Your party-line telephone number started with LETTERS: MU 3-2495

Computers took up a whole room and were operated by men in white lab coats.

You bought your penny candy with a real SILVER dime.

Anybody else ?


----------



## Mish (Nov 5, 2013)

^^^^^Damn!!! You are old!!!


----------



## Arklatex (May 24, 2014)

When you get to the point that you can't trust a fart.

When it sounds like rice crispies when you get outta bed. Snap! Crackle! Pop!


----------



## Slippy (Nov 14, 2013)

When the little retarded boy who bags my groceries and takes them out to the truck says, "hurry up Old Man, I got things to do".


----------



## TacticalCanuck (Aug 5, 2014)

When you actually know what those jokes mean!


----------



## tango (Apr 12, 2013)

When it takes longer to rest than it did o get tired.


----------



## pheniox17 (Dec 12, 2013)

You know your old when... I have no idea, I'm a puppy compared to you old dogs


----------



## Mish (Nov 5, 2013)

pheniox17 said:


> You know your old when... I have no idea, I'm a puppy compared to you old dogs


I'm with you!!! 
25 for life! hehe


----------



## Slippy (Nov 14, 2013)

Mish said:


> I'm with you!!!
> 25 for life! hehe


Or in Mishies case, 25 _*to*_ life.


----------



## Mish (Nov 5, 2013)

Slippy said:


> Or in Mishies case, 25 _*to*_ life.


Hey, all the charges were dropped!! I had nothing to do with it!!


----------



## Slippy (Nov 14, 2013)

Mish said:


> Hey, all the charges were dropped!! I had nothing to do with it!!


Drats! Foiled again.


----------



## Piratesailor (Nov 9, 2012)

remember when your stereo had tubes?.... yeah I do.. and I even have one to this day.


----------



## sideKahr (Oct 15, 2014)

Slippy said:


> Drats! Foiled again.


You know you're old when you say "Drats!"


----------



## A Watchman (Sep 14, 2015)

Mish, I do not know what to make of all these "Old Geezers" do you?


----------



## rice paddy daddy (Jul 17, 2012)

When you have fond memories of watching "Championship Wrestling From Florida, with Gordon Solie" on black and white TV. And know who Haystacks Calhoon and Joe Le Duc were.
Heck, when you can remember BEFORE TV.
You know exactly where you were the night Elvis Presley debuted on the Ed Sullivan Show.


----------



## Chipper (Dec 22, 2012)

You grew up with an outdoor privy and had to pump your water from the pump on the back porch. 
Your summer bath was a bar of soap and the local river.
Your only heat was the wood stove. Nobody wanted to be the first one up in the morning as it was cold then hell.
All you ate was venison and potatoes most of the winter. Fast food???

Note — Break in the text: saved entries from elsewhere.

-- ===== src/Engine/Lifecycle/Start.antt =====
-- A process serves once `init` has started the writer thread; and `init` where the thread is not spawned.
use tonggeret.Base.{
  ℕ, ◌≤◌, ◌≡◌, refl, ◌∙◌, Bool, true, false, ◌&&◌, Option, none, some, List, [], ◌∷◌, arith,
  Bool-cases, inl, inr, codes,
}
use tonggeret.Error.{Result, ok, err, storage, already_initialized}
use tonggeret.Types.{PipelineMsg}
use tonggeret.Config.{Config, FjallConfig, validate}
use tonggeret.Config.Laws.{validate_iff, IsConfig}
use tonggeret.Channel.{Channel}
use tonggeret.Storage.Json.{Json}
use tonggeret.Storage.Partition.{Partition}
use tonggeret.Storage.Writer.{started}
use tonggeret.Engine.{Registry, EngineHandle}
use tonggeret.Engine.Pipeline.{begin}
use tonggeret.Engine.Lifecycle.{
  Build, Env, Thread, State, fresh, init, validated, with_handle, open_store, after_open,
  publish_handle, spawn_threads, spawn_compaction_task, spawn_with, new_handle, handle_with,
  is_initialized,
}
use tonggeret.Engine.Lifecycle.Deliver.{Serving}
use tonggeret.Engine.Lifecycle.Again.{IsErr, init_again-IsErr}

-- both features
abbrev pub full_build : Build
full_build = record { fjall_backend = true; prometheus_exporter = true }

module _ {F64 : Type 0} (json : Json F64) (partition : Partition) (registry : Registry F64)
    (channel : Channel (PipelineMsg F64)) (new_registry : List F64 → Result registry.Reg) where
  open channel use {Chan, view, create}
  open partition use {Store}
  open registry use {Reg}

  abbrev P : Type 0
  P = State json partition registry channel new_registry

  abbrev H : Type 0
  H = EngineHandle Chan Reg

  -- spawning a compaction loop touches nothing but the loops
  pub record KeepsThread (p p' : P) : Type 0 where
    pub global : p'.global ≡ p.global
    pub writer_join : p'.writer_join ≡ p.writer_join
    pub thread : p'.thread ≡ p.thread

  spawn_with-KeepsThread :
      (in_runtime : Bool) (g : Option H) (p : P)
      → KeepsThread p (spawn_with json partition registry channel new_registry in_runtime g p).1
  unfolding spawn_with
  spawn_with-KeepsThread in_runtime none p = record {
    global = refl;
    writer_join = refl;
    thread = refl;
  }
  spawn_with-KeepsThread in_runtime (some h) p = elim (Bool-cases (h.has_fjall && in_runtime)) [
    | inl on ↦ rw on (record { global = refl; writer_join = refl; thread = refl })
    | inr off ↦ rw off (record { global = refl; writer_join = refl; thread = refl })
  ]

  pub spawn_compaction_task-KeepsThread :
      (in_runtime : Bool) (f : FjallConfig) (p : P)
      → KeepsThread p
          (spawn_compaction_task json partition registry channel new_registry in_runtime f p).1
  unfolding spawn_compaction_task
  spawn_compaction_task-KeepsThread in_runtime f p = elim (Bool-cases f.enable_compaction) [
    | inl on ↦ rw on (spawn_with-KeepsThread in_runtime p.global p)
    | inr off ↦ rw off (record { global = refl; writer_join = refl; thread = refl })
  ]

  -- the handle that `init` publishes with a store
  abbrev pub full_handle : ℕ → Reg → H
  full_handle capacity reg =
      record (handle_with json partition registry channel new_registry (some (create capacity))
        (some reg)) { has_fjall = true }

  module _ (env : Env Store) (c : Config F64) (f : FjallConfig) (s : Store) (reg : Reg)
      (valid : validate true c ≡ ok tt) (stored : c.fjall ≡ some f)
      (opens : env.open_handles f ≡ ok s)
      (made : new_registry c.default_histogram_buckets ≡ ok reg) where
    -- as far as the spawning of the threads, every part of a full `init` succeeds
    init-spawns :
        init json partition registry channel new_registry full_build env c
          (fresh json partition registry channel new_registry)
        ≡ spawn_threads json partition registry channel new_registry env
            (some (f, s))
            (full_handle c.channel_capacity reg)
            (record (fresh json partition registry channel new_registry) {
              global = some (full_handle c.channel_capacity reg);
              opened = f.dir ∷ [];
            })
    unfolding init validated with_handle new_handle open_store after_open publish_handle
    init-spawns = rw (valid, stored, made, opens)

    thread_of : Thread F64 Store
    thread_of = record { writer = started s; batch_rows = f.batch_rows }

    pub capacity_least : 1 ≤ c.channel_capacity
    capacity_least =
        let valid_config : IsConfig true c = (validate_iff true c).0 valid in
        omega (arith, valid_config.capacity)

    -- A first `init` with both features, a valid configuration with a store, a store that opens, a
    -- registry that is made and a thread that is spawned returns without an error, and the process
    -- serves: from the opened store, with nothing accepted yet, through a channel of the configured
    -- capacity.
    pub init-Serving :
        env.spawns ≡ true
        → (p : P) × (init json partition registry channel new_registry full_build env c
              (fresh json partition registry channel new_registry)
            ≡ (ok tt, p))
          × Serving json partition registry channel new_registry s
              ([], false)
              (full_handle c.channel_capacity reg)
              (create c.channel_capacity)
              (record { writer = started s; batch_rows = f.batch_rows })
              p
    unfolding spawn_threads
    init-Serving spawns =
        let p0 = record (fresh json partition registry channel new_registry) {
          global = some (full_handle c.channel_capacity reg);
          opened = f.dir ∷ [];
          writer_join = true;
          thread = some (record { writer = started s; batch_rows = f.batch_rows });
        } in
        let k = spawn_compaction_task-KeepsThread env.in_runtime f p0 in
        let v = channel.view-create c.channel_capacity capacity_least in
        (
          (spawn_compaction_task json partition registry channel new_registry env.in_runtime f
              p0).1,
          init-spawns ∙ rw spawns,
          record {
            global = k.global;
            up = refl;
            tx = refl;
            thread = k.thread;
            join = k.writer_join;
            run = begin (create c.channel_capacity) (rw v);
            before = refl;
            is_open = rw v;
            least = rw v capacity_least;
            most = rw v (omega arith);
          },
        )

  -- directory of that store, and leaves all else of the process as it was.
  pub init_again-opened :
      (env : Env Store) (c : Config F64) (f : FjallConfig) (s : Store) (reg : Reg) (p : P) (h : H)
      → p.global ≡ some h
      → validate true c ≡ ok tt
      → c.fjall ≡ some f
      → env.open_handles f ≡ ok s
      → new_registry c.default_histogram_buckets ≡ ok reg
      → init json partition registry channel new_registry full_build env c p
        ≡ (err already_initialized, record p { opened = f.dir ∷ p.opened })
  unfolding init validated with_handle new_handle open_store after_open publish_handle
  init_again-opened env c f s reg p h there valid stored opens made =
      rw (valid, stored, made, opens, there)

  -- A first `init` in which every part succeeds but the thread is not spawned returns an error, and all
  -- the same there is an engine, so that every later `init` fails too.
  pub init_unspawned :
      (env : Env Store) (c : Config F64) (f : FjallConfig) (s : Store) (reg : Reg)
      → validate true c ≡ ok tt
      → c.fjall ≡ some f
      → env.open_handles f ≡ ok s
      → new_registry c.default_histogram_buckets ≡ ok reg
      → env.spawns ≡ false
      → (build' : Build) (env' : Env Store) (c' : Config F64)
      → let r =
          init json partition registry channel new_registry full_build env c
            (fresh json partition registry channel new_registry) in
        IsErr json partition registry channel new_registry r.0
        × (is_initialized json partition registry channel new_registry r.1 ≡ true)
        × IsErr json partition registry channel new_registry
            (init json partition registry channel new_registry build' env' c' r.1).0
  unfolding spawn_threads is_initialized
  init_unspawned env c f s reg valid stored opens made unspawned build' env' c' =
      let h = full_handle c.channel_capacity reg in
      let p = record (fresh json partition registry channel new_registry) {
        global = some (record h { tx = some (channel.close (create c.channel_capacity)) });
        opened = f.dir ∷ [];
      } in
      let e : init json partition registry channel new_registry full_build env c
            (fresh json partition registry channel new_registry)
          ≡ (err (storage (codes "spawn writer thread")), p) =
        init-spawns env c f s reg valid stored opens made ∙ rw unspawned in
      rw e (
        tt,
        refl,
        init_again-IsErr json partition registry channel new_registry build' env' c' p (λ x. cc),
      )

I'm not complaining but going back to the old days in a SHTF scenario won't be that big of a deal for me. Plus it sure makes one appreciate the modern conveniences while we have them.


----------



## Real Old Man (Aug 17, 2015)

A&P didn't stock fresh meat nor fresh vegetables, and the cash register had buttons to push and a crank on the side to ring up the total


----------



## Real Old Man (Aug 17, 2015)

Does any one remember what color the Lucky Strike package used to be? Before WWII the circle used to be green


----------



## sideKahr (Oct 15, 2014)

Real Old Man said:


> A&P didn't stock fresh meat nor fresh vegetables, and the cash register had buttons to push and a crank on the side to ring up the total


Our local 5 and 10 had one cash register, but two sales floors. They would send your money upstairs in a small, hand-operated wooden elevator, and you would wait for your change to be returned. Nobody seemed to mind the delay.


----------



## A Watchman (Sep 14, 2015)

The most potentially offensive program on TV was Sanford and Son.

When I was a kid I could go to the movies for a quarter on the bases.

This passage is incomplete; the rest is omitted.